IRS move was good, I bet many BS' around the world would've give up a kidney for that sort of perfectly legal opportunity, but it looks like this one just blew it. 



Riley_Z said:


> No, he actually ratted out the OM to the IRS. But then made a deal with the OM and had to do his taxes to get the IRS to back off.


 _Posted via *Topify* on Android_


----------



## Gabriel (May 10, 2011)

Another show glorifying infidelity and making it exciting?

Barf.


----------



## Jellybeans (Mar 8, 2011)

Well is is a tv show... 

LOL

But he does beat him up pretty good in the first episode.

I like this show. USA has a lot of good shows.


----------



## jorgegene (May 26, 2012)

I watched a French movie recently. Actually, a French movie but about an Iranian/French couple where the man and wife are separated. while the Husband is gone, the wife has an affair with a dude who's also married and the other dudes wife is in a coma.

They're both married and having an affair with each other. The cuckholded husband is very non-chalant. At first he gets mad, but then he calms down and gets friendly with the other dude. he starts hanging around the house with both of them being their as though nothings wrong.

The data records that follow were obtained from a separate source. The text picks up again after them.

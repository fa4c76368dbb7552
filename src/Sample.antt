-- ===== src/Sample.antt =====
-- A second concrete stand-in for what the kernel calls, for the tests of the chain: JSON values with
-- members, and signatures that are valid where they equal the key.
use crypto_kernel.Prelude.{
  false, not, ◌==◌, ◌≡◌, refl, sym, ◌∙◌, ap, Bool-cases, inl, inr, arith, ◌||◌, ℕ, true, false,
  none, some, List, [], ◌∷◌, if◌then◌else◌,
}
use crypto_kernel.BigNum.{Text}
use crypto_kernel.Decimal.{to_decimal}
use crypto_kernel.KeyMap.{text_eq, text_eq→eq, text_eq_refl}
use crypto_kernel.Json.{JsonLib, HasMembers}
use crypto_kernel.Env.{Env, Signing}
use crypto_kernel.Example.{toy_hashing}

-- An object is a chain of entries, and an array a chain of elements.
pub data Value : Type 0 where
  nothing : Value
  text : Text → Value
  number : ℕ → Value
  entry : Text → Value → Value → Value
  element : Value → Value → Value

abbrev pub value_member : Value → Text → Value
value_member (entry n v rest) name =
    let below = value_member rest name in if text_eq n name then v else below
value_member _ name = nothing

abbrev pub value_set_member : Value → Text → Value → Value
value_set_member (entry n v rest) name w =
    let below = value_set_member rest name w in
    if text_eq n name then entry n w rest else entry n v below
value_set_member _ name w = entry name w nothing

abbrev pub value_append : Value → Value → Value
value_append (element v rest) w = element v (value_append rest w)
value_append _ w = element w nothing

abbrev pub value_items : Value → List Value
value_items (element v rest) = v ∷ value_items rest
value_items (entry n v rest) = v ∷ value_items rest
value_items _ = []

abbrev pub sample_json : JsonLib
sample_json = record {
  Json = Value;
  null = nothing;
  of_uint = λ n. number n;
  of_text = λ s. text s;
  of_bool = λ b. number (if b then 1 else 0);
  member = value_member;
  set_member = value_set_member;
  append = value_append;
  is_null = λ j. elim j [ nothing ↦ true | _ ↦ false ];
  is_object = λ j. elim j [ entry _ _ _ ↦ true | _ ↦ false ];
  is_text = λ j. elim j [ text _ ↦ true | _ ↦ false ];
  is_array = λ j. elim j [ element _ _ ↦ true | _ ↦ false ];
  is_uint = λ j. elim j [ number _ ↦ true | _ ↦ false ];
  empty = λ j. elim j [ nothing ↦ true | _ ↦ false ];
  as_text = λ j. elim j [
    | nothing ↦ some []
    | text s ↦ some s
    | number n ↦ some (to_decimal n)
    | entry _ _ _ ↦ none
    | element _ _ ↦ none
  ];
  as_uint = λ j. elim j [ nothing ↦ some 0 | number n ↦ some n | _ ↦ none ];
  as_int = λ j. elim j [ nothing ↦ some 0 | number n ↦ some n | _ ↦ none ];
  as_bool = λ j. elim j [ nothing ↦ some false | number n ↦ some (not (n == 0)) | _ ↦ none ];
  items = value_items;
  write = λ pretty j. [];
  parse = λ s. none;
}

abbrev pub sample_signing : Signing
sample_signing = record {
  set_public_key = λ key. true;
  verify = λ key message signature. text_eq key signature;
  schnorr_set_public_key = λ key. true;
  schnorr_verify = λ key message signature. text_eq key signature;
  pubkey_aggregate = λ keys. [];
}

abbrev pub sample_env : Env
sample_env = record { hashing = toy_hashing; json = sample_json; signing = sample_signing }

member-set_member :
    (j value : Value) (name other : Text)
    → value_member (value_set_member j name value) other
      ≡ (if text_eq name other then value else value_member j other)
member-set_member nothing value name other = refl
member-set_member (text s) value name other = refl
member-set_member (number n) value name other = refl
member-set_member (element v rest) value name other = refl
member-set_member (entry n v rest) value name other = elim (Bool-cases (text_eq n name)) [
  | inl same ↦
      rw (same, ap (λ k. text_eq k other) (text_eq→eq n name same))
        (elim (Bool-cases (text_eq name other)) [
          | inl asked ↦ rw asked
          | inr else_asked ↦ rw else_asked
        ])
  | inr differs ↦
      rw (differs, member-set_member rest value name other)
        (entry_asked n name other v value (value_member rest other) differs)
]
  where
    entry_asked :
        (n name other : Text) (v value below : Value)
        → text_eq n name ≡ false
        → (if text_eq n other then v else if text_eq name other then value else below)
          ≡ (if text_eq name other then value else if text_eq n other then v else below)
    entry_asked n name other v value below differs = elim (Bool-cases (text_eq n other)) [
      | inr first ↦ rw first refl
      | inl first ↦ elim (Bool-cases (text_eq name other)) [
        | inr second ↦ rw (first, second) refl
        | inl second ↦
            let same = text_eq→eq n other first ∙ sym (text_eq→eq name other second) in
            absurd (ground (arith, ap (λ k. text_eq k name) same, text_eq_refl name))
      ]
    ]

set_is_object :
    (j value : Value) (name : Text)
    → (sample_json.is_object j || sample_json.is_null j) ≡ true
    → sample_json.is_object (value_set_member j name value) ≡ true
set_is_object nothing value name h = refl
set_is_object (text s) value name h = absurd (ground arith)
set_is_object (number n) value name h = absurd (ground arith)
set_is_object (element v rest) value name h = absurd (ground arith)
set_is_object (entry n v rest) value name h = elim (Bool-cases (text_eq n name)) [
  | inl same ↦ rw same refl
  | inr differs ↦ rw differs refl
]

pub sample_json-HasMembers : HasMembers sample_json
sample_json-HasMembers = record {
  null_is_null = refl;
  is_object-set = set_is_object;
  member-set = λ j value name other container. member-set_member j value name other;
  text_of_text = λ s. refl;
  uint_of_uint = λ n. refl;
  bool_of_bool = λ b. ground arith;
}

Very disturbing movie. What ever happened to righteous indignation?


----------



## Jellybeans (Mar 8, 2011)

What movie was that one called?

I can see how these shows/movies can be triggers for us. But they are just shows/movies. Adultery has been around since the beginning of time and it's not exactly a new concept to be shown in film/television.

I tend to just not watch things I don't want to see.

In real life, I doubt any BS would start doing the OM's taxes (after beating his a$$). I also think the BS probably wouldn't turn into a high-priced gigolo. But. Yeah, makes for tv.


----------



## Jellybeans (Mar 8, 2011)

And the OP got banned...


----------



## raven3321 (Sep 25, 2013)

Hard show to watch. It lost my interest mid-way through the first episode when he walks in on his wife with her lover and does.....nothing. What man in his right mind would just walk away without saying or doing anything? (I know he confronted Simon but I mean he doesn't confront his wife, Grace) I've heard of people walking away but confronting the spouse afterward. He doesn't even do that. He just goes on with her later as if nothing is happening as he's pondering the complexities of life; trying to figure out where HE went wrong and how he can figure out her needs? All the while, she's for all intents and purposes, as far as he knows, still in an affair with Simon?

I'm done.


----------



## BobSimmons (Mar 2, 2013)

You guys are analyzing a tv for crying out loud. 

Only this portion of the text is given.